Maskapai low-cost carrier Jetstar di Australia, misalnya, menegaskan dalam laman resminya bahwa mengenakan sunflower lanyard tidak otomatis membuat penyandang disabilitas tak tampak memperoleh pendampingan khusus di bandara, mereka tetap harus meminta bantuan secara eksplisit. Kondisi ini menunjukkan bahwa pengakuan terhadap disabilitas tak tampak masih bersifat reaktif, bukan sistemik.
Fenomena ini dapat dijelaskan melalui konsep hegemoni Antonio Gramsci (1971).
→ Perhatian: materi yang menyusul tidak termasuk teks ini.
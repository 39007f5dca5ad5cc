-- ===== src/App/Decoder.antt =====
-- The decoder after the hello of the server.
use xiaozhi.App.Messages.{with_decoder, reinit_decoder, update_decoder_from_hello}
use xiaozhi.App.State.{App, World}
use xiaozhi.Base.{ℕ, suc, ◌≡◌, ◌<◌, refl, true, false, ◌&&◌, arith}
use xiaozhi.Base.Int.{ℤ, pos, int_eq, int_eq_refl}
use xiaozhi.Opus.{decoder_init, decoder_destroy}
use xiaozhi.Protocol.{IncomingEvent}

-- A hello that asks for this rate and this number of channels.
pub record Asks (rate channels : ℕ) (event : IncomingEvent) : Type 0 where
  pub rate_asked : event.output_sample_rate ≡ pos (suc rate)
  pub channels_asked : event.output_channels ≡ pos (suc channels)

pub record Decodes (r c : ℕ) (app : App) : Type 0 where
  pub ready : app.decoder.decoder ≡ true
  pub rate : app.decoder_sample_rate ≡ pos (suc r)
  pub channels : app.decoder.channels ≡ pos (suc c)

several :
    (r c : ℕ) (rate : ℤ)
    → 0 < c
    → (int_eq (pos (suc r)) rate && int_eq (pos (suc c)) (pos 1)) ≡ false
several r c rate h = ground arith

reinit :
    {Item : Type 0} (w : World Item) (app : App) (r c : ℕ)
    → w.decoder_created ≡ true
    → (int_eq (pos (suc r)) app.decoder_sample_rate && int_eq (pos (suc c)) (pos 1)) ≡ false
    → Decodes r c (reinit_decoder w app (pos (suc r)) (pos (suc c)))
unfolding reinit_decoder with_decoder decoder_init decoder_destroy
reinit w app r c m e = record { ready = ground arith; rate = ground arith; channels = ground arith }

kept :
    {Item : Type 0} (w : World Item) (app : App) (r c : ℕ)
    → Decodes r c app
    → reinit_decoder w app (pos (suc r)) (pos 1) ≡ app
unfolding reinit_decoder
kept w app r c d = rw (d.rate, int_eq_refl (pos (suc r))) refl

asked :
    {Item : Type 0} (w : World Item) (app : App) (event : IncomingEvent) (r c : ℕ)
    → Asks r c event
    → update_decoder_from_hello w app event ≡ reinit_decoder w app (pos (suc r)) (pos (suc c))
unfolding update_decoder_from_hello
asked w app event r c a = rw (a.rate_asked, a.channels_asked) (ground arith)

-- A hello that asks for several channels gets a decoder of them; a later hello that asks for one
-- channel at the same rate changes nothing, so that the decoder still gives several.
pub stereo_stays :
    {Item : Type 0} (w : World Item) (app : App) (first second : IncomingEvent) (r c : ℕ)
    → w.decoder_created ≡ true
    → 0 < c
    → Asks r c first
    → Asks r 0 second
    → Decodes r c (update_decoder_from_hello w app first)
      × Decodes r c (update_decoder_from_hello w (update_decoder_from_hello w app first) second)
stereo_stays w app first second r c m h a b =
    let d = reinit w app r c m (several r c app.decoder_sample_rate h) in
    rw (asked w app first r c a) (
      d,
      rw
          (
            asked w (reinit_decoder w app (pos (suc r)) (pos (suc c))) second r 0 b,
            kept w (reinit_decoder w app (pos (suc r)) (pos (suc c))) r c d,
          )
          d,
    )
Menurut Gramsci, masyarakat sering kali secara tidak sadar tunduk pada konsensus dominan yang justru mengekang dirinya sendiri. Dalam konteks disabilitas, terjadi “eksploitasi konsensus” yang menanamkan pandangan bahwa hanya disabilitas yang tampak secara visual yang layak mendapat bantuan. Sementara penyandang disabilitas tak tampak kerap dicap manja, mengada-ada, atau berusaha mencari keuntungan pribadi.
Kita hidup di tengah hegemoni visual yang memaksa semua orang memvalidasi penderitaan melalui bukti fisik. Akibatnya, penyandang disabilitas tak tampak menjadi subordinat yang aktif mendukung stigma terhadap dirinya sendiri. Konsensus yang berpadu dengan ideologi normalisme ini adalah bentuk diskriminasi terselubung: keberadaan mereka diakui hanya jika memenuhi “aturan main” yang menuntut bukti visual penderitaan.
Melawan Hegemoni Visual
Dari narasi penderitaan yang panjang dan melelahkan inilah, inisiatif lanyard bunga matahari menjadi bentuk perlawanan simbolik terhadap hegemoni visual. Walau pengakuan ini masih sebatas simbol individu, langkah tersebut membuka jalan menuju pengakuan kolektif di ruang publik.
Ke depan, pengakuan resmi terhadap disabilitas tak tampak dalam regulasi dan kebijakan publik diharapkan mampu mengubah “akal sehat” masyarakat bahwa dalam keramaian kota, ada kelompok disabilitas yang tidak terlihat tetapi memerlukan empati dan bantuan.
Petugas serta penyelenggara transportasi umum perlu mendapatkan pelatihan khusus agar mampu mengenali dan memprioritaskan penyandang disabilitas tak tampak tanpa perlu interogasi atau verifikasi berlebihan. Karena perjuangan penyintas autoimun untuk mendapatkan hak setara di transportasi umum bukan semata soal akses fisik, tetapi perjuangan filosofis untuk memperoleh pengakuan atas penderitaan nyata yang tak terlihat, sekaligus penghormatan terhadap keterbatasan yang tersembunyi dari pandangan mata. Semoga.